Bereits im März dieses Jahres gab es von mindestens 600 politischen Gefangenen einen organisierten Hungerstreik, um die Durchsetzung des Besuchs einer Internationalen Kommission in den Gefängnissen zu ermöglichen. Mit diesem radikalen Mittel wurde ebenfalls auf andere Probleme aufmerksam gemacht. Oft werden als Schikane die politischen Gefangenen in Bereiche verlegt, in denen rechte Paramilitärs einsetzen. Dies zeugt von einer Systematik der Erniedrigung, denn die Guerilleros, Gewerkschafter, soziale Aktivisten und Anführer der Land- und Indigenabewegungen sind physischer und psychischer Gewalt ausgesetzt. Generell fehlt es an Trinkwasser, besonders in den Gefängnissen, die Temperaturen von 35-40 Grad Celsius aufweisen. Als trauriges Beispiel dient hierfür das Gefängnis in Valledupar. Auf der anderen Seite gibt es Gefängnisse in kälteren Regionen wie Bogotá, wo die Temperaturen in der Nacht auf 5 Grad Celsius fallen und keine Kleidung oder Decken zur Verfügung gestellt werden. Kleidung, Bettwäsche und Decken werden mit fadenscheinigen Gründen als Hilfsmittel von außen abgelehnt. Krankheiten wie Tuberkulose, Hepatitis und Syphilis sind häufig zu finden und eine medizinische Versorgung oft nicht möglich. Außerhalb der Gefängnisse werden die Familien der Häftlinge bedroht, um zum Beispiel Falschaussagen zu erzwingen.

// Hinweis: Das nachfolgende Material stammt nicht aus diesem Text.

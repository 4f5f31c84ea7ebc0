-- ===== src/Examples/RaftTest.antt =====
-- The harness of Raft on three servers.
use pluggable_sharded_fault.Base.{
  ℕ, zero, suc, ◌<◌, ◌≡◌, ◌≢◌, incr, refl, Bool, true, false, Option, none, some, List, [], ◌∷◌,
  ◌⊎◌, inl, ℤ, pos, negsuc, minus_one, arith, ok, fatal, get_elem?, lookup, int_eq, if◌then◌else◌,
  ltb, ◌<ℤ◌, ap, insert,
}
use mathlib.Core.Path.{subst}
use pluggable_sharded_fault.Raft.Peer.{Raft, make_raft, start as raft_start}
use pluggable_sharded_fault.Raft.System.{System, Ahead, here}
use pluggable_sharded_fault.RaftTest.{
  Readings, collect, last_term, one_leader_round, check_one_leader, check_terms,
}
use pluggable_sharded_fault.RaftTest.OneLeader.{says, Finds, one_leader_round_lem}
use pluggable_sharded_fault.RaftTest.Safety.{Run, read, check_one_leader-safe}
use pluggable_sharded_fault.RaftTest.Terms.{TermsEnd, check_terms_lem}
use pluggable_sharded_fault.RaftTest.Logs.{
  Command, command_eq, ApplyMsg, Rfsrv, Test, rfsrv_logs, decr, disagrees, check_logs,
  n_committed_from, n_committed,
}
use pluggable_sharded_fault.RaftTest.Logs.Agree.{Sound}
use pluggable_sharded_fault.RaftTest.Logs.Count.{
  holders, AllHold, deliver, deliver_all, n_committed_lem,
}
use pluggable_sharded_fault.RaftTest.Snapshots.{
  ingest_snap, snapshot_of, take_snapshot, check_next, finish_command, apply_command, applier_snap,
}
use pluggable_sharded_fault.RaftTest.Snapshots.RoundTrip.{entry, ingest_snap-snapshot_of}
use pluggable_sharded_fault.RaftTest.Agreement.{Attempt, raft_at, poll, find_start, one_from, one}
use pluggable_sharded_fault.RaftTest.Agreement.Reached.{Returns, one-Returns, one-start}
use pluggable_sharded_fault.Examples.Election.{won, Reach-won, thinned, Ahead-thinned}

abbrev everyone : ℕ → Bool
everyone i = true

-- Peer 1 stops while the round reads the servers.
abbrev passing : ℕ → System
passing zero = won
passing (suc i) = thinned

passes : (i : ℕ) → Ahead 3 (passing i) (passing (suc i))
passes zero = Ahead-thinned
passes (suc i) = here

abbrev run : Run 3
run = record { system = passing; reached = Reach-won; goes_on = passes }

abbrev same_run : ℕ → Run 3
same_run k = run

abbrev all_rounds : ℕ → ℕ → Bool
all_rounds k = everyone

abbrev seen : ℕ → Readings
seen k = read everyone run

check_one_leader-safe_example :
    ((k : ℕ) × (l : ℕ) × (k < 10)
      × (check_one_leader 3 seen ≡ ok l)
      × Finds 3 (seen k) (ok (some l)))
    ⊎ ((check_one_leader 3 seen ≡ fatal) × ((k i : ℕ) → k < 10 → i < 3 → says (seen k) i ≡ false))
check_one_leader-safe_example = check_one_leader-safe same_run all_rounds

-- Servers 0 and 2 claim the terms 4 and 7.
abbrev readings : Readings
readings = record {
  connected = everyone;
  state = λ i. if ltb i 2 then (pos 4, ltb i 1) else (pos 7, true);
}

readings_born : (i : ℕ) → i < 3 → says readings i ≡ true → minus_one <ℤ (readings.state i).0
readings_born i h s = ground arith

one_leader_round_lem_example : Finds 3 readings (one_leader_round 3 readings)
one_leader_round_lem_example = one_leader_round_lem 3 readings readings_born

one_leader_round_test : one_leader_round 3 readings ≡ ok (some 2)
unfolding one_leader_round collect last_term insert lookup
one_leader_round_test = refl

readings_in_term : (i : ℕ) → i < 3 → readings.connected i ≡ true → minus_one <ℤ (readings.state i).0
readings_in_term i h s = ground arith

check_terms_lem_example : TermsEnd 3 readings (check_terms 3 readings)
check_terms_lem_example = check_terms_lem 3 readings readings_in_term

abbrev server : ℕ → Rfsrv
server i = record {
  me = i;
  apply_err = false;
  last_applied = pos 0;
  persister = none;
  raft = some (make_raft 2 i []);
  logs = [];
}

abbrev fresh : Test
fresh = record {
  n = 2;
  finished = false;
  srvs = server 0 ∷ server 1 ∷ [];
  max_index = pos 0;
  snapshot = true;
}

abbrev command : ℕ → ℕ → ApplyMsg
command index v = record {
  command_valid = true;
  command = some v;
  command_index = pos index;
  snapshot_valid = false;
  snapshot = none;
  snapshot_index = pos 0;
}

abbrev messages : List (ℕ × ApplyMsg)
messages = (0, command 1 70) ∷ (1, command 1 70) ∷ (0, command 2 80) ∷ []

-- A snapshot of commands that are not nil: the index, and the commands one by one.
abbrev encode_all : List Command → List ℕ
encode_all [] = []
encode_all (none ∷ xlog) = 0 ∷ encode_all xlog
encode_all (some v ∷ xlog) = suc v ∷ encode_all xlog

abbrev encode : ℤ → List Command → List ℕ
encode (pos i) xlog = 0 ∷ i ∷ encode_all xlog
encode (negsuc i) xlog = 1 ∷ i ∷ encode_all xlog

abbrev decode_all : List ℕ → List Command
decode_all [] = []
decode_all (zero ∷ bytes) = none ∷ decode_all bytes
decode_all (suc v ∷ bytes) = some v ∷ decode_all bytes

abbrev decode : List ℕ → Option (ℤ × List Command)
decode (zero ∷ i ∷ bytes) = some (pos i, decode_all bytes)
decode (suc _ ∷ i ∷ bytes) = some (negsuc i, decode_all bytes)
decode _ = none

decode-encode_all : (xlog : List Command) → decode_all (encode_all xlog) ≡ xlog
decode-encode_all [] = refl
decode-encode_all (none ∷ xlog) = ap (λ l. none ∷ l) (decode-encode_all xlog)
decode-encode_all (some v ∷ xlog) = ap (λ l. some v ∷ l) (decode-encode_all xlog)

decode-encode : (i : ℤ) (xlog : List Command) → decode (encode i xlog) ≡ some (i, xlog)
decode-encode (pos i) xlog = ap (λ l. some (pos i, l)) (decode-encode_all xlog)
decode-encode (negsuc i) xlog = ap (λ l. some (negsuc i, l)) (decode-encode_all xlog)

abbrev applied : Test
applied = record fresh {
  srvs =
      record (server 0) { last_applied = pos 2; logs = (pos 1, some 70) ∷ (pos 2, some 80) ∷ [] }
      ∷ record (server 1) { last_applied = pos 1; logs = (pos 1, some 70) ∷ [] }
      ∷ [];
  max_index = pos 2;
}

messages_delivered : deliver_all encode decode messages fresh ≡ ok applied
unfolding deliver_all deliver applier_snap apply_command finish_command take_snapshot check_next
    check_logs disagrees rfsrv_logs decr lookup insert incr
messages_delivered = refl

fresh_logs :
    (i : ℕ) (a : Rfsrv) → get_elem? fresh.srvs i ≡ some a → (a.logs ≡ []) × (a.apply_err ≡ false)
fresh_logs zero a h = (ground (arith, h), ground (arith, h))
fresh_logs (suc zero) a h = (ground (arith, h), ground (arith, h))
fresh_logs (suc (suc i)) a h = cc

empty_lookup : (k : ℤ) (v : Command) → lookup k [] ≢ some v
unfolding lookup
empty_lookup k v h = cc

fresh-Sound : Sound fresh.srvs
fresh-Sound = (
  λ i j a b k v w ai bj found also.
      absurd (empty_lookup k v (subst (λ l. lookup k l ≡ some v) (fresh_logs i a ai).0 found)),
  λ i a k ai high found. absurd (ground (arith, found, (fresh_logs i a ai).0)),
  λ i a ai. (fresh_logs i a ai).1,
)

n_committed_lem_example :
    Sound applied.srvs
    × ((cmd : Command) × (n_committed (pos 1) applied ≡ ok (holders (pos 1) applied.srvs, cmd))
        × AllHold (pos 1) cmd applied.srvs)
n_committed_lem_example =
    n_committed_lem encode decode messages fresh applied (pos 1) (refl, (refl, (refl, tt)))
      fresh-Sound messages_delivered

abbrev behind : Rfsrv
behind = server 1

abbrev ahead : Rfsrv
ahead = record (server 0) { last_applied = pos 2; logs = (pos 1, some 70) ∷ (pos 2, some 80) ∷ [] }

ingest_snap-snapshot_of_example :
    (r : Rfsrv) × (ingest_snap decode (some (snapshot_of encode (pos 2) ahead)) (pos 2) behind
      ≡ ok r)
    × (r.last_applied ≡ pos 2)
    × ((j : ℕ) → lookup (pos j) r.logs ≡ (if ltb 2 j then none else some (entry ahead.logs j)))
ingest_snap-snapshot_of_example =
    ingest_snap-snapshot_of encode decode decode-encode 2 (pos 2) ahead behind (omega arith)
      (inl refl)

abbrev attempts : List Attempt
attempts = record { connected = everyone; at = fresh; polls = fresh ∷ applied ∷ [] } ∷ []

-- A Raft that takes every command at index 1
abbrev eager : ℕ → Raft → ℤ × ℤ × Bool
eager cmd rf = (pos 1, pos 1, true)

returned : one eager 70 2 true false attempts ≡ ok (pos 1)
unfolding one one_from find_start raft_at poll n_committed n_committed_from rfsrv_logs lookup
returned = refl

one-Returns_example : Returns 70 2 false attempts (pos 1)
one-Returns_example = one-Returns eager 70 2 true false attempts (pos 1) returned

one-start_example : one raft_start 70 2 true false attempts ≡ fatal
one-start_example = one-start 70 2 true false attempts
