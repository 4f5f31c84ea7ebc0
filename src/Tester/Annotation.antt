-- ===== src/Tester/Annotation.antt =====
-- The annotations of a test's time line, src/tester1/annotation.go: points, intervals, and the
-- continuous annotations of a tag, each of which ends where the next one starts. The time of a call
-- is an argument, `now`. `porcupine.Annotation` is only stored here, as a `Mark`.
pub mod Tiles
pub mod Framework
use pluggable_sharded_fault.Base.{
  ℕ, zero, suc, Bool, true, false, not, ◌&&◌, ◌||◌, Option, none, some, List, [], ◌∷◌, ◌++◌, String,
  Map, lookup, insert, delete, if◌then◌else◌, ◌==◌, string_eq,
}

-- `stop` is `End`, 0 for a point in time.
pub record Mark : Type 0 where
  pub tag : String
  pub start : ℕ
  pub stop : ℕ
  pub desp : String
  pub details : String
  pub bgcolor : String

pub record Continuous : Type 0 where
  pub start : ℕ
  pub desp : String
  pub details : String
  pub bgcolor : String

pub record Annotation : Type 0 where
  pub annotations : List Mark
  pub continuous : Map String Continuous
  pub finalized : Bool

-- `mkAnnotation`, and what `clear` leaves
unfoldable pub make_annotation : Annotation
make_annotation = record { annotations = []; continuous = []; finalized = false }

unfoldable pub clear : Annotation → Annotation
clear an = record an { annotations = []; continuous = []; finalized = false }

abbrev pub color_info : String
color_info = "#FAFAFA"

abbrev pub color_fault : String
color_fault = "#B3E5FC"

abbrev pub color_user : String
color_user = "#FFF176"

abbrev pub tag_checker : String
tag_checker = "$ Checker"

abbrev pub tag_partition : String
tag_partition = "$ Failure"

abbrev pub tag_info : String
tag_info = "$ Test Info"

-- The mark of a continuous annotation that ends
unfoldable pub mark_of : String → ℕ → Continuous → Mark
mark_of tag now cont = record {
  tag = tag;
  start = cont.start;
  stop = now;
  desp = cont.desp;
  details = cont.details;
  bgcolor = cont.bgcolor;
}

abbrev pub append_mark : Mark → Annotation → Annotation
append_mark a an = record an { annotations = an.annotations ++ (a ∷ []) }

unfoldable pub annotate_point_color :
    String → String → String → String → ℕ → Annotation → Annotation
annotate_point_color tag desp details bgcolor now an =
    append_mark
      (record {
        tag = tag;
        start = now;
        stop = 0;
        desp = desp;
        details = details;
        bgcolor = bgcolor;
      })
      an

unfoldable pub annotate_interval_color :
    String → ℕ → String → String → String → ℕ → Annotation → Annotation
annotate_interval_color tag start desp details bgcolor now an =
    append_mark
      (record {
        tag = tag;
        start = start;
        stop = now;
        desp = desp;
        details = details;
        bgcolor = bgcolor;
      })
      an

unfoldable pub annotate_continuous_color :
    String → String → String → String → ℕ → Annotation → Annotation
annotate_continuous_color tag desp details bgcolor now an =
    let next : Continuous = record {
      start = now;
      desp = desp;
      details = details;
      bgcolor = bgcolor;
    } in
    elim (lookup tag an.continuous) [
      | none ↦ record an { continuous = insert tag next an.continuous }
      | some cont ↦ record an {
        annotations = an.annotations ++ (mark_of tag now cont ∷ []);
        continuous = insert tag next an.continuous;
      }
    ]

-- `Continuous{}`
abbrev pub zero_continuous : Continuous
zero_continuous = record { start = 0; desp = ""; details = ""; bgcolor = "" }

-- The code goes on where the tag is missing, with the zero value.
unfoldable pub annotate_continuous_end : String → ℕ → Annotation → Annotation
annotate_continuous_end tag now an =
    let cont : Continuous = elim (lookup tag an.continuous) [
      | none ↦ zero_continuous
      | some found ↦ found
    ] in
    record an {
      annotations = an.annotations ++ (mark_of tag now cont ∷ []);
      continuous = delete tag an.continuous;
    }

unfoldable pub close_all : ℕ → Map String Continuous → List Mark
close_all now [] = []
close_all now ((tag, cont) ∷ rest) = mark_of tag now cont ∷ close_all now rest

-- The marks, and the annotation after the call: it keeps the continuous annotations.
unfoldable pub finalize : ℕ → Annotation → List Mark × Annotation
finalize now an = (an.annotations ++ close_all now an.continuous, record an { finalized = true })

unfoldable pub end_mark : String → ℕ → Mark
end_mark end now = record {
  tag = tag_info;
  start = now;
  stop = 0;
  desp = end;
  details = end;
  bgcolor = color_info;
}

-- `t` is the time of the last mark.
unfoldable pub finalize_annotations : String → ℕ → ℕ → Annotation → List Mark × Annotation
finalize_annotations end now t an =
    ((finalize now an).0 ++ (end_mark end t ∷ []), (finalize now an).1)

unfoldable pub set_annotation_finalized : Annotation → Annotation
set_annotation_finalized an = record an { finalized = true }

unfoldable pub get_annotation_finalized : Annotation → Bool
get_annotation_finalized an = an.finalized

-- `cleanup`, with the value of `VIS_ENABLE`, up to the writing of the file: the marks that are
-- written, where some are.
unfoldable pub cleanup :
    String → Bool → String → ℕ → ℕ → Annotation → Option (List Mark) × Annotation
cleanup enabled failed end now t an =
    if enabled == "never"
      || (not failed && not (enabled == "always"))
      || get_annotation_finalized an
    then (none, clear an)
    else elim (finalize now an).0 [
      | [] ↦ (none, (finalize now an).1)
      | a ∷ marks ↦ (some ((a ∷ marks) ++ (end_mark end t ∷ [])), (finalize now an).1)
    ]

-- The three calls for users
unfoldable pub annotate : String → String → String → ℕ → Annotation → Annotation
annotate tag desp details now an = annotate_point_color tag desp details color_user now an

unfoldable pub annotate_interval : String → ℕ → String → String → ℕ → Annotation → Annotation
annotate_interval tag start desp details now an =
    annotate_interval_color tag start desp details color_user now an

unfoldable pub annotate_continuous : String → String → String → ℕ → Annotation → Annotation
annotate_continuous tag desp details now an =
    annotate_continuous_color tag desp details color_user now an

Mit einer Arroganz und einem Nichtanerkennen des Problems versucht die Regierung Kolumbiens die Tausenden Gefangenen zu negieren, die im Rahmen einer politischen Oppositionstätigkeit gefangen genommen worden sind und in den Gefängnissen des Landes einsitzen. Mit der Weigerung des Zutritts einer internationalen Kommission zur Untersuchung der Situation der Gefangenen durch die Regierung sind sie in den Gefängnissen weiterhin unmenschlichen Bedingungen, fehlender Gesundheitsfürsorge, Überfüllung, unhygienischen Zuständen sowie Bedrohungen und Folter ausgesetzt.
Es ist an der Zeit, dass die kolumbianische Regierung und die internationale Öffentlichkeit die Realität der mehr als 9500 politischen Gefangenen anerkennt.
Der soziale und politische Kampf ist kein Delikt, er ist ein Schritt zur Freiheit!
Freiheit für alle politischen Gefangenen!